= Required work =
Which lines of the data contain the string "unfolding"? Show each of them.

Stored data
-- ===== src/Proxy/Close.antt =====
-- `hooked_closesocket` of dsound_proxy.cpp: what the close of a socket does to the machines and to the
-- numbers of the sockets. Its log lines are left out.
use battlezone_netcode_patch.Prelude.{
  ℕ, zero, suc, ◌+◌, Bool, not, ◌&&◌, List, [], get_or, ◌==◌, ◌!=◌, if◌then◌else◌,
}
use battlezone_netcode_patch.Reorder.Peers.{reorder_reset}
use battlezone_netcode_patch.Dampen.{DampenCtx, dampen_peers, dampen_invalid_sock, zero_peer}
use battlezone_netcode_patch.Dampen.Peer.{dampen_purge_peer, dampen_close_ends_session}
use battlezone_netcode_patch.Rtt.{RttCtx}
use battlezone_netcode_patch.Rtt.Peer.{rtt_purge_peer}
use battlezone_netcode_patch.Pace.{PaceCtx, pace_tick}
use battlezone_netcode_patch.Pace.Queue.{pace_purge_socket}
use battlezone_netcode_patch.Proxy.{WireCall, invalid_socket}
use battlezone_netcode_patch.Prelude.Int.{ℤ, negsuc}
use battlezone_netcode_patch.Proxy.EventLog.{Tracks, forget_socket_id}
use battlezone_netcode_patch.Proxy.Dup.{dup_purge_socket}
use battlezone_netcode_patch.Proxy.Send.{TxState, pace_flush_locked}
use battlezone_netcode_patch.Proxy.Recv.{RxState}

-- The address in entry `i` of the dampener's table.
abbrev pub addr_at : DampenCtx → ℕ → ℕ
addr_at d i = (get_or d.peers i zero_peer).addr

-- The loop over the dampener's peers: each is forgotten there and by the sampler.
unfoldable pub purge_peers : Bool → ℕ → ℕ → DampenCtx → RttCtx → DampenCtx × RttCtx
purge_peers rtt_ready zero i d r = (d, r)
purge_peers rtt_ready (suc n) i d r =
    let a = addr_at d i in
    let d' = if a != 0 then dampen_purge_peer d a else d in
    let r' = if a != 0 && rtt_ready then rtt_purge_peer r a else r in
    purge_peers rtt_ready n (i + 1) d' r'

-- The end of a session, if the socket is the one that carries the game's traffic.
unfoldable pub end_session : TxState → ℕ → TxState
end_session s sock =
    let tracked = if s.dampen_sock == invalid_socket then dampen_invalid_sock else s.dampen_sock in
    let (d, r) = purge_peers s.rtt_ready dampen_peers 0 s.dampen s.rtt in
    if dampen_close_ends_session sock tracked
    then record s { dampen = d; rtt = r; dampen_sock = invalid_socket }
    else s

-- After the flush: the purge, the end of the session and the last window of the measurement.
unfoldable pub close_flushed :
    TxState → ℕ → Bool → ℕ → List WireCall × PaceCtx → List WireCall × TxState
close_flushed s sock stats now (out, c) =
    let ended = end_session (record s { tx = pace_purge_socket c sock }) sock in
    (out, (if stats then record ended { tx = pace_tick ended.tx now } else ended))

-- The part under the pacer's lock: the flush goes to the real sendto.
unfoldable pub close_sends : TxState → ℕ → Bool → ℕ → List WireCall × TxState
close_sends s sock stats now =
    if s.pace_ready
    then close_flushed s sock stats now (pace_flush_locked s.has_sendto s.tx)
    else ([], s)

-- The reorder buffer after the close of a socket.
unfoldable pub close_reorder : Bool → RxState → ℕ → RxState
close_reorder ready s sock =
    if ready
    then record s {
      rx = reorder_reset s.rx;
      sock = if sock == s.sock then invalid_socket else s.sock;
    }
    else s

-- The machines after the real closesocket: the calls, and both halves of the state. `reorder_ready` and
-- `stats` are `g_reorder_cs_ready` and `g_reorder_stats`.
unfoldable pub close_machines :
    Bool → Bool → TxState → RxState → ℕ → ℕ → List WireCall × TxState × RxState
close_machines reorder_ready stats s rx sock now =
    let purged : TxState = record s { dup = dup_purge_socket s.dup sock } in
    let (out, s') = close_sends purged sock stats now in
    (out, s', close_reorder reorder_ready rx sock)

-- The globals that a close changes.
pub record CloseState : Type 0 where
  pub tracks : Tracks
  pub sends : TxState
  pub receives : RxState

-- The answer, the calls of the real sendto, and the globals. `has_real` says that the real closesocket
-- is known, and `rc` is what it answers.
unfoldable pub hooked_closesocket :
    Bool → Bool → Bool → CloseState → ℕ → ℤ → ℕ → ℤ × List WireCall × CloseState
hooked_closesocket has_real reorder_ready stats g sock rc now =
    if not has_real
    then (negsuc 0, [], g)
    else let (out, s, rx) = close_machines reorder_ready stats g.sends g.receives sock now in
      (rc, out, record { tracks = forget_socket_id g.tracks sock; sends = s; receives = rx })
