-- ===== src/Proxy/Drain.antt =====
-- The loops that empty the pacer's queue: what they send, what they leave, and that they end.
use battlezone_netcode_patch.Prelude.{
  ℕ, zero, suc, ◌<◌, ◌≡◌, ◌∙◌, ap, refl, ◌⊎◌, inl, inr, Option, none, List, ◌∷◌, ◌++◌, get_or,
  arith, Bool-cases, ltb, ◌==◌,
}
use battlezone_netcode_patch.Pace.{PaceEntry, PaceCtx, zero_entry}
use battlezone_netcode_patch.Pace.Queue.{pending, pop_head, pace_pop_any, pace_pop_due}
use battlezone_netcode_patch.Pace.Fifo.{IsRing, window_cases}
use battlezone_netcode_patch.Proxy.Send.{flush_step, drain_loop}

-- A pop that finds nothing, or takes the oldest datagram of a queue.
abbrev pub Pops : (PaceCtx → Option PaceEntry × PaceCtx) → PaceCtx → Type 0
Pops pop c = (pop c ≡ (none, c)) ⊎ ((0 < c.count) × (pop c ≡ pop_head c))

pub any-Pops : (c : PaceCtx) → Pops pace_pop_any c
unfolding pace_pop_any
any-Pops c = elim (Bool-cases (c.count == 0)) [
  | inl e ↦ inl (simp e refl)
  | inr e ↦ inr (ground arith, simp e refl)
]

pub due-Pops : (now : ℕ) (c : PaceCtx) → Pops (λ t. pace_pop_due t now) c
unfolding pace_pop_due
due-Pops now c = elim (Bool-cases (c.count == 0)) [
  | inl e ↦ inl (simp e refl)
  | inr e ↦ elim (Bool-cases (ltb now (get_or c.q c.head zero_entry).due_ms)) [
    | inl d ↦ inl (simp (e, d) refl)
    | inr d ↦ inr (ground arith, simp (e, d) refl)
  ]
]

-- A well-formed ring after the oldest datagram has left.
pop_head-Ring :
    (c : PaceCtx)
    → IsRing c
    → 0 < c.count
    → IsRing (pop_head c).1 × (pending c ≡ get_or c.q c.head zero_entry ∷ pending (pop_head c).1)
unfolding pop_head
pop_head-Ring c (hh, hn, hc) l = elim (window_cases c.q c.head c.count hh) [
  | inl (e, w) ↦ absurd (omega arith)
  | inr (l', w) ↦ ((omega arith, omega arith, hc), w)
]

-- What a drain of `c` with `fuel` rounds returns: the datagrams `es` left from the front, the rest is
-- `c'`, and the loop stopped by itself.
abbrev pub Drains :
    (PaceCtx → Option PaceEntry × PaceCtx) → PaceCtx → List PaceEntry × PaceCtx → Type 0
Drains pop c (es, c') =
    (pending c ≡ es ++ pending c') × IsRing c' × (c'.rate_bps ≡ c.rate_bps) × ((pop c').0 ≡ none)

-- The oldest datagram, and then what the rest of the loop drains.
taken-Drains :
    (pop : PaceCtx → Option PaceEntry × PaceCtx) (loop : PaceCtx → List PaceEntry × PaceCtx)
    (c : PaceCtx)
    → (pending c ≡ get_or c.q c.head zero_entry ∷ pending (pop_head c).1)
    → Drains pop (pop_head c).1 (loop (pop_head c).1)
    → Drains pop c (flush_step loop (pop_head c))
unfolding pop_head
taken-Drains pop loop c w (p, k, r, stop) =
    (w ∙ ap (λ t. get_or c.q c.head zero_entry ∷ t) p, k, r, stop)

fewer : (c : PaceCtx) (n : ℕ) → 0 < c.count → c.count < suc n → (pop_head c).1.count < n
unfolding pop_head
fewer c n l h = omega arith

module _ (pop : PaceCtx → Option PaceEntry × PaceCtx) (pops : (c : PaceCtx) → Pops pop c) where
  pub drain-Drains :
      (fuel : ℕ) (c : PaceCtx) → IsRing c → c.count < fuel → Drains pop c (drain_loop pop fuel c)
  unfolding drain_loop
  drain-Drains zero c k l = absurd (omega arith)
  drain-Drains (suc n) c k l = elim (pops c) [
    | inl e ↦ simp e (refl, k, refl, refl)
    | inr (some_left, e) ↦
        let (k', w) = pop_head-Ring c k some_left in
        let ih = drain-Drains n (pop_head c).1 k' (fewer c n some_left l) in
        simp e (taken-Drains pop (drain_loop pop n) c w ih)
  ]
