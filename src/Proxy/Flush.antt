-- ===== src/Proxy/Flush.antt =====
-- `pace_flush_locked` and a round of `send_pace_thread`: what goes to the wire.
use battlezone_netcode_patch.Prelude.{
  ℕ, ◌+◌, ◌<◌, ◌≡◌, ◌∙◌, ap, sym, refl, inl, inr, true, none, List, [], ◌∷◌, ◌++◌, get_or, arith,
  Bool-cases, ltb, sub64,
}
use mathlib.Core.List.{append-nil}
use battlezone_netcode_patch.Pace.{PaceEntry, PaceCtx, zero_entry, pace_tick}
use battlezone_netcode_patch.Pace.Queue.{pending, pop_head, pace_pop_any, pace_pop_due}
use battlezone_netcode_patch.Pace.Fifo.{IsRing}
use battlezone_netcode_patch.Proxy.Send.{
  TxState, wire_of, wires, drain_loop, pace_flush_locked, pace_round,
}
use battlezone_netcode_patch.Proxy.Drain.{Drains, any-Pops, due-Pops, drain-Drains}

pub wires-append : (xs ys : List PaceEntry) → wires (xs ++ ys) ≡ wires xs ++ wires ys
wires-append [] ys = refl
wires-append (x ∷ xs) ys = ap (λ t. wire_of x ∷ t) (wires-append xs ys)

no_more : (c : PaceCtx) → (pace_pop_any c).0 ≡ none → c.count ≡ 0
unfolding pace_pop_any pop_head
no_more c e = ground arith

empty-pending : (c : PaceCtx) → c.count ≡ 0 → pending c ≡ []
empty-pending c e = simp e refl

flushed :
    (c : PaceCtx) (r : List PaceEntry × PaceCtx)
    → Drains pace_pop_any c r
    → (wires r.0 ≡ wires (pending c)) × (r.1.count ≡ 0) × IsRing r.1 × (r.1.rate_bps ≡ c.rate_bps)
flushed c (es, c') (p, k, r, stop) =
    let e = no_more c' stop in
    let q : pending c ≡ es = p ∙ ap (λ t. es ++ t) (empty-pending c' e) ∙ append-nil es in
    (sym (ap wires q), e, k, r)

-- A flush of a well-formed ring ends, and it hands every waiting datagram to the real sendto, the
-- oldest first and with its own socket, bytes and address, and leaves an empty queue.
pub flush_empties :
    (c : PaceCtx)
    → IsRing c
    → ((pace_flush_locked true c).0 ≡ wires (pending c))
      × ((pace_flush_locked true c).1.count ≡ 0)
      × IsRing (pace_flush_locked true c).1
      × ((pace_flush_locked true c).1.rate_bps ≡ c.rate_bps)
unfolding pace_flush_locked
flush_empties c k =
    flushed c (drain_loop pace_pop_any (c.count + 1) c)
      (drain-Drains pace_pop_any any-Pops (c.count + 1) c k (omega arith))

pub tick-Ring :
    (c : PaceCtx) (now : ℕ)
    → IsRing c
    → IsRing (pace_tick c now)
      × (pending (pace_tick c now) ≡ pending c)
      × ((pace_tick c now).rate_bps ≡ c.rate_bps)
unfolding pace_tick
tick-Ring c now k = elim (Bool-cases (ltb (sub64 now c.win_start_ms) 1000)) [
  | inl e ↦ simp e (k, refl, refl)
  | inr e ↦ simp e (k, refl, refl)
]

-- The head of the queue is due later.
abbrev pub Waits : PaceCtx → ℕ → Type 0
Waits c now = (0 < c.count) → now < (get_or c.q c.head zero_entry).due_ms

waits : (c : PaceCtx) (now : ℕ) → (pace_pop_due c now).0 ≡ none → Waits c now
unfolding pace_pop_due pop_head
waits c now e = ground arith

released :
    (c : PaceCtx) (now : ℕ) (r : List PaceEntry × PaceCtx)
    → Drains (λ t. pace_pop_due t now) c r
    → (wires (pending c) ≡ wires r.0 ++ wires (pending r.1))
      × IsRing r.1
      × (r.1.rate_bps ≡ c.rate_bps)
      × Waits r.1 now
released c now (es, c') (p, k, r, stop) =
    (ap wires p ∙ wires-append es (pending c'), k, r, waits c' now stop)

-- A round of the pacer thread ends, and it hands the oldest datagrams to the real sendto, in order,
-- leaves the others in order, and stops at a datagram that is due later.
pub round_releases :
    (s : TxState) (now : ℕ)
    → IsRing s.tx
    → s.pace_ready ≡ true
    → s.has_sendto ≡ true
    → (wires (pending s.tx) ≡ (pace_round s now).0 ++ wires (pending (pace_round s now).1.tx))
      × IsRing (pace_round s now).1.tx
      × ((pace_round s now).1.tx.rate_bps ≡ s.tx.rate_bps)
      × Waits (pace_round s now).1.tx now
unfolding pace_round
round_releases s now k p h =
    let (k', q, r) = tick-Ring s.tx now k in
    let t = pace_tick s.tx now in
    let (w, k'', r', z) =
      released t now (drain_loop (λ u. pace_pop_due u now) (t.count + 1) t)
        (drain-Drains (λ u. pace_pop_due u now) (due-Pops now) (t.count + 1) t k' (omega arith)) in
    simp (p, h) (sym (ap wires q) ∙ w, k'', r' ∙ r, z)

= Response =
unfolding pace_pop_any
unfolding pace_pop_due
unfolding pop_head
unfolding pop_head
unfolding pop_head
  unfolding drain_loop
unfolding pace_pop_any pop_head
unfolding pace_flush_locked
unfolding pace_tick
unfolding pace_pop_due pop_head
unfolding pace_round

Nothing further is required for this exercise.